首頁 女頻 都市言情 老夫人威武,重生侯府嘎嘎亂殺

第413章 怪不得他!

  夜幕低垂,朔風城王庭,燈火通明。

  沈承澤換上一身墨色錦袍,系好腰間玉帶,又不動聲色地將一枚黑色扳指戴在拇指上。

  那是元朗特製的玩意兒,關鍵時刻能保命。

  不怕一萬,就怕萬一。

  正要出門,簾子一掀,拓跋燕走了進來。

  她今日仍作男裝打扮,玉冠束髮,一身淡青色長袍襯得人清俊出塵。

  面具後的眼睛往沈承澤身上一掃,微微一亮,隨即若無其事地移開。

  「還行,能看。」她淡淡道。

  沈承澤頓時委屈上了:「就能看?我可是特意挑了一個時辰,才選定的這身行頭……」

  「行了。」拓跋燕打斷他的絮叨,嘴角卻忍不住彎了彎,「今日你要自己去赴宴,我另有安排。」

  「什麼安排?」

  「保密。」拓跋燕眼中劃過一抹狡黠:「我遲一點會到的,你放心便是。」

  「好,我等你。」沈承澤嬉皮笑臉的神色一收,鄭重點頭。

  他整了整袖口,大步跨出營帳,徑直朝主殿行去。

  ……

  殿內,燈火輝煌。

  沈承澤一進去,便感受到從四面八方投來的目光。

  主座之上,西涼王拓跋睿身披玄狐大氅,一雙鷹目銳利如刀。

  他身側,是雍容端莊的王後,雖上了年紀,但風韻猶存,眉眼間與拓跋燕有五分相似。

  再往下,大皇子拓跋烈一身虎皮長袍,目光陰沉沉地盯過來,彷彿要將沈承澤生吞活剝。
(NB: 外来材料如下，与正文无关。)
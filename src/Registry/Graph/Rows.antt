-- ===== src/Registry/Graph/Rows.antt =====
-- The rows of the graph: one for each name, with the metadata of the registered command, or else of the
-- built-in one.
use universal_launcher.Prelude.{
  ◌≡◌, refl, sym, ap, ◌∙◌, inl, inr, true, false, Option, none, some, List, [], ◌∷◌, ◌++◌, arith,
  ◌==◌, if◌then◌else◌, Bool-cases, Option-cases, length, All, Bytes, bytes_eq, bytes_eq_iff,
  c_string,
}
use mathlib.Core.Path.{subst}
use universal_launcher.View.{at}
use universal_launcher.Registry.Names.{string_equals}
use universal_launcher.Registry.Model.{Entry}
use universal_launcher.Registry.Store.{find_registered}
use universal_launcher.Registry.Lookup.{name_of, IsNamed, names_entry_lem}
use universal_launcher.Registry.Metadata.{
  Metadata, find_row, find_builtin, metadata_from_registered, command_is_builtin, row_of,
  builtin_rows, registered_rows,
}

-- A name without a zero byte.
abbrev pub IsPlain : Entry → Type 0
IsPlain e = c_string (name_of e) ≡ name_of e

abbrev pub row_name : Metadata → Bytes
row_name row = row.fields.command_name

-- No two rows have the same name.
abbrev pub IsDistinctRows : List Metadata → Type 0
IsDistinctRows [] = Unit
IsDistinctRows (row ∷ rows) = (find_row rows (at (row_name row)) ≡ none) × IsDistinctRows rows

-- What the graph says of a name.
unfoldable pub advertised : List Entry → Bytes → Option Metadata
unfolding find_registered find_builtin metadata_from_registered
advertised entries k = elim (find_registered entries (at k)) [
  | none ↦ find_builtin (at k)
  | some e ↦ some (metadata_from_registered e)
]

string_equals_lem : (k name : Bytes) → string_equals (at k) name ≡ bytes_eq k name
unfolding string_equals
string_equals_lem k name = elim (Bool-cases (bytes_eq k name)) [
  | inl same ↦ ground (arith, same, ap length ((bytes_eq_iff k name).0 same))
  | inr off ↦ elim (Bool-cases (length k == length name)) [
    | inl l ↦ ground (arith, off, l)
    | inr l ↦ ground (arith, off, l)
  ]
]

find_row_step :
    (row : Metadata) (rows : List Metadata) (k : Bytes)
    → find_row (row ∷ rows) (at k)
      ≡ (if bytes_eq k (row_name row) then some row else find_row rows (at k))
unfolding find_row
find_row_step row rows k = rw (string_equals_lem k (row_name row)) refl

pub find_row-append :
    (xs ys : List Metadata) (k : Bytes)
    → find_row xs (at k) ≡ none
    → find_row (xs ++ ys) (at k) ≡ find_row ys (at k)
unfolding find_row
find_row-append [] ys k h = refl
find_row-append (x ∷ xs) ys k h = ground (arith, h, find_row-append xs ys k)

pub find_row-found :
    (xs ys : List Metadata) (k : Bytes) (row : Metadata)
    → find_row xs (at k) ≡ some row
    → find_row (xs ++ ys) (at k) ≡ some row
unfolding find_row
find_row-found [] ys k row h = absurd (ground (arith, h))
find_row-found (x ∷ xs) ys k row h = ground (arith, h, find_row-found xs ys k row)

pub row_found :
    (rows : List Metadata) (k : Bytes) (row : Metadata)
    → find_row rows (at k) ≡ some row
    → row_name row ≡ k
unfolding find_row
row_found [] k row h = absurd (ground (arith, h))
row_found (x ∷ rows) k row h = elim (Bool-cases (bytes_eq k (row_name x))) [
  | inl same ↦
      let e : x ≡ row = ground (arith, find_row_step x rows k, same, h) in
      sym (ap row_name e) ∙ sym ((bytes_eq_iff k (row_name x)).0 same)
  | inr off ↦ row_found rows k row (ground (arith, find_row_step x rows k, off, h))
]

-- A registered command that a name finds has this name.
entry_found :
    (entries : List Entry) (k : Bytes) (e : Entry)
    → All IsNamed entries
    → All IsPlain entries
    → find_registered entries (at k) ≡ some e
    → row_name (metadata_from_registered e) ≡ k
unfolding find_registered metadata_from_registered
entry_found [] k e n p h = absurd (ground (arith, h))
entry_found (x ∷ entries) k e n p h = elim (Bool-cases (bytes_eq k (name_of x))) [
  | inl same ↦
      let found : x ≡ e = ground (arith, names_entry_lem x k n.0, same, h) in
      subst (λ (y : Entry). c_string (name_of y) ≡ k) found
        (p.0 ∙ sym ((bytes_eq_iff k (name_of x)).0 same))
  | inr off ↦ entry_found entries k e n.1 p.1 (ground (arith, names_entry_lem x k n.0, off, h))
]

module _ (entries : List Entry) (named : All IsNamed entries) (plain : All IsPlain entries) where
  pub row_of-some :
      (row : Metadata) (x : Entry)
      → find_registered entries (at (row_name row)) ≡ some x
      → row_of entries row ≡ metadata_from_registered x
  unfolding row_of
  row_of-some row x e = rw (e, row_of) refl

  pub row_of-none :
      (row : Metadata)
      → find_registered entries (at (row_name row)) ≡ none
      → row_of entries row ≡ row
  unfolding row_of
  row_of-none row e = rw (e, row_of) refl

  pub row_of-name : (row : Metadata) → row_name (row_of entries row) ≡ row_name row
  row_of-name row = elim (Option-cases (find_registered entries (at (row_name row)))) [
    | inl e ↦ ap row_name (row_of-none row e)
    | inr (x, e) ↦
        ap row_name (row_of-some row x e) ∙ entry_found entries (row_name row) x named plain e
  ]

  pub builtin_absent :
      (rows : List Metadata) (k : Bytes)
      → find_row rows (at k) ≡ none
      → find_row (builtin_rows entries rows) (at k) ≡ none
  unfolding builtin_rows find_row
  builtin_absent [] k h = refl
  builtin_absent (row ∷ rows) k h = ground (
    arith,
    h,
    find_row_step row rows k,
    find_row_step (row_of entries row) (builtin_rows entries rows) k,
    row_of-name row,
    builtin_absent rows k,
  )

  pub builtin_present :
      (rows : List Metadata) (k : Bytes) (row : Metadata)
      → find_row rows (at k) ≡ some row
      → find_row (builtin_rows entries rows) (at k) ≡ some (row_of entries row)
  unfolding builtin_rows find_row
  builtin_present [] k row h = absurd (ground (arith, h))
  builtin_present (x ∷ rows) k row h =
      let head = find_row_step x rows k in
      let head' =
        find_row_step (row_of entries x) (builtin_rows entries rows) k
        ∙ ap
            (λ (n : Bytes).
              if bytes_eq k n
              then some (row_of entries x)
              else find_row (builtin_rows entries rows) (at k))
            (row_of-name x) in
      elim (Bool-cases (bytes_eq k (row_name x))) [
        | inl same ↦
            let e : x ≡ row = ground (arith, head, same, h) in
            head' ∙ rw (same) (ap (λ (r : Metadata). some (row_of entries r)) e)
        | inr off ↦ head' ∙ rw (off) (builtin_present rows k row (ground (arith, head, off, h)))
      ]

  pub IsDistinctRows-builtin_rows :
      (rows : List Metadata) → IsDistinctRows rows → IsDistinctRows (builtin_rows entries rows)
  unfolding builtin_rows
  IsDistinctRows-builtin_rows [] d = tt
  IsDistinctRows-builtin_rows (row ∷ rows) d = (
    builtin_absent rows (row_name (row_of entries row))
        (subst (λ (n : Bytes). find_row rows (at n) ≡ none) (sym (row_of-name row)) d.0),
    IsDistinctRows-builtin_rows rows d.1,
  )

head_lem :
    (x : Entry) (entries : List Entry) (k : Bytes)
    → k ≡ c_string (name_of x)
    → find_row (metadata_from_registered x ∷ registered_rows entries) (at k)
      ≡ some (metadata_from_registered x)
unfolding metadata_from_registered
head_lem x entries k e =
    find_row_step (metadata_from_registered x) (registered_rows entries) k
    ∙ rw ((bytes_eq_iff k (c_string (name_of x))).1 e) refl

later_lem :
    (x : Entry) (entries : List Entry) (k : Bytes)
    → bytes_eq k (c_string (name_of x)) ≡ false
    → find_row (metadata_from_registered x ∷ registered_rows entries) (at k)
      ≡ find_row (registered_rows entries) (at k)
unfolding metadata_from_registered
later_lem x entries k e =
    find_row_step (metadata_from_registered x) (registered_rows entries) k ∙ rw (e) refl

-- A registered command with the name of a built-in one has no row among the registered ones.
pub builtin_name :
    (entries : List Entry) (k : Bytes)
    → All IsPlain entries
    → command_is_builtin k ≡ true
    → find_row (registered_rows entries) (at k) ≡ none
unfolding registered_rows find_row metadata_from_registered
builtin_name [] k p h = refl
builtin_name (x ∷ entries) k p h =
    let rest = builtin_name entries k p.1 h in
    elim (Bool-cases (command_is_builtin (c_string (name_of x)))) [
      | inl skipped ↦ rw (skipped, registered_rows) rest
      | inr kept ↦ elim (Bool-cases (bytes_eq k (c_string (name_of x)))) [
        | inl same ↦
            absurd (ground (arith, kept, h, ap command_is_builtin ((bytes_eq_iff _ _).0 same)))
        | inr off ↦ rw (kept, registered_rows) (later_lem x entries k off ∙ rest)
      ]
    ]

-- Any other name finds the registered command.
pub other_name :
    (entries : List Entry) (k : Bytes)
    → All IsNamed entries
    → All IsPlain entries
    → command_is_builtin k ≡ false
    → find_registered entries (at k) ≡ none
    → find_row (registered_rows entries) (at k) ≡ none
unfolding registered_rows find_row find_registered metadata_from_registered
other_name [] k n p h f = refl
other_name (x ∷ entries) k n p h f =
    let f' : find_registered entries (at k) ≡ none = ground (arith, f) in
    let off : bytes_eq k (name_of x) ≡ false = ground (arith, f, names_entry_lem x k n.0) in
    let off' : bytes_eq k (c_string (name_of x)) ≡ false = ap (bytes_eq k) p.0 ∙ off in
    let rest = other_name entries k n.1 p.1 h f' in
    elim (Bool-cases (command_is_builtin (c_string (name_of x)))) [
      | inl skipped ↦ rw (skipped, registered_rows) rest
      | inr kept ↦ rw (kept, registered_rows) (later_lem x entries k off' ∙ rest)
    ]

pub registered_name :
    (entries : List Entry) (k : Bytes) (e : Entry)
    → All IsNamed entries
    → All IsPlain entries
    → command_is_builtin k ≡ false
    → find_registered entries (at k) ≡ some e
    → find_row (registered_rows entries) (at k) ≡ some (metadata_from_registered e)
unfolding registered_rows find_row find_registered
registered_name [] k e n p h f = absurd (ground (arith, f))
registered_name (x ∷ entries) k e n p h f = elim (Bool-cases (bytes_eq k (name_of x))) [
  | inl same ↦
      let found : x ≡ e = ground (arith, f, names_entry_lem x k n.0, same) in
      let plain_name : k ≡ c_string (name_of x) = (bytes_eq_iff k (name_of x)).0 same ∙ sym p.0 in
      let kept : command_is_builtin (c_string (name_of x)) ≡ false =
        ap command_is_builtin (sym plain_name) ∙ h in
      rw (kept, registered_rows)
        (head_lem x entries k plain_name
          ∙ ap (λ (y : Entry). some (metadata_from_registered y)) found)
  | inr off ↦
      let rest =
        registered_name entries k e n.1 p.1 h (ground (arith, f, names_entry_lem x k n.0, off)) in
      let off' : bytes_eq k (c_string (name_of x)) ≡ false = ap (bytes_eq k) p.0 ∙ off in
      elim (Bool-cases (command_is_builtin (c_string (name_of x)))) [
        | inl skipped ↦ rw (skipped, registered_rows) rest
        | inr kept ↦ rw (kept, registered_rows) (later_lem x entries k off' ∙ rest)
      ]
]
  再旁邊,則是一個中原裝束的年輕人,一襲月白長衫,手執玉杯,面帶溫潤笑意,看起來人畜無害。

  應該就是拓跋燕的另一位兄長,三皇子,拓跋鋒了。

  據說此人身體稍弱,從小崇尚漢家文化,是西涼高層中少有的主和派。

  沈承澤心中有數,收回目光,上前行了一禮。

  「大靖使者沈承澤,參見西涼王、王後。」

  西涼王居高臨下打量著他,半晌才開口:「沈四公子遠道而來,辛苦了。聽說,你是來求娶孤的九公主?」

  「是!」沈承澤鄭重點頭。

  西涼王卻不置可否,隻是端起酒盞,漫不經心道:「說起來,沈家商隊可不得了啊,你們去年從西涼賺走了多少金銀,孤心裡有數。

  如今,你既來求親,孤倒想問問……你有何誠意?」

  此言一出,滿座武將紛紛附和。

  「就是!這大靖商人的銀子,可都是從咱們西涼賺走的!」

  「竟然還有臉來提親,呸!真是不要臉!」

  沈承澤面色不變,微微一笑。

  他非但沒退,反而上前一步,聲音清朗,擲地有聲:「各位大人,可是冤枉我沈家了。」

  「敢問諸位,我沈家商隊入關之前,西涼鐵騎穿的是什麼?粗製皮甲!如今穿的是什麼?精鋼甲!」

  「以前牧民過冬,要餓死多少人?上千人!如今呢?隻要三文錢,就能在集市上買到一斤粟米!」

  他環視四周,目光如炬:

  「我沈家商路,從來不是來搶西涼財富,而是送來了能讓西涼百姓吃飽穿暖的好東西。

  這是真正的好買賣,讓兩家人都得到了好處。陛下,您說是不是這個理?」

  此言一出,原本氣勢洶洶的武將們都愣住了。

  有人下意識摸了摸身上嶄新的精良鎧甲,有人想起家中今年剛添置的絲被,一時間竟然無法反駁。

  西涼王眼中掠過一絲讚賞,微不可察地點了點頭。

  然而——

  「說得好聽!」大皇子拓跋烈霍然起身,眼中怒火幾乎要噴出來。

  在集市上被羞辱的仇還歷歷在目,此刻見父王竟對這大靖商人露出欣賞之色,他再也按捺不住。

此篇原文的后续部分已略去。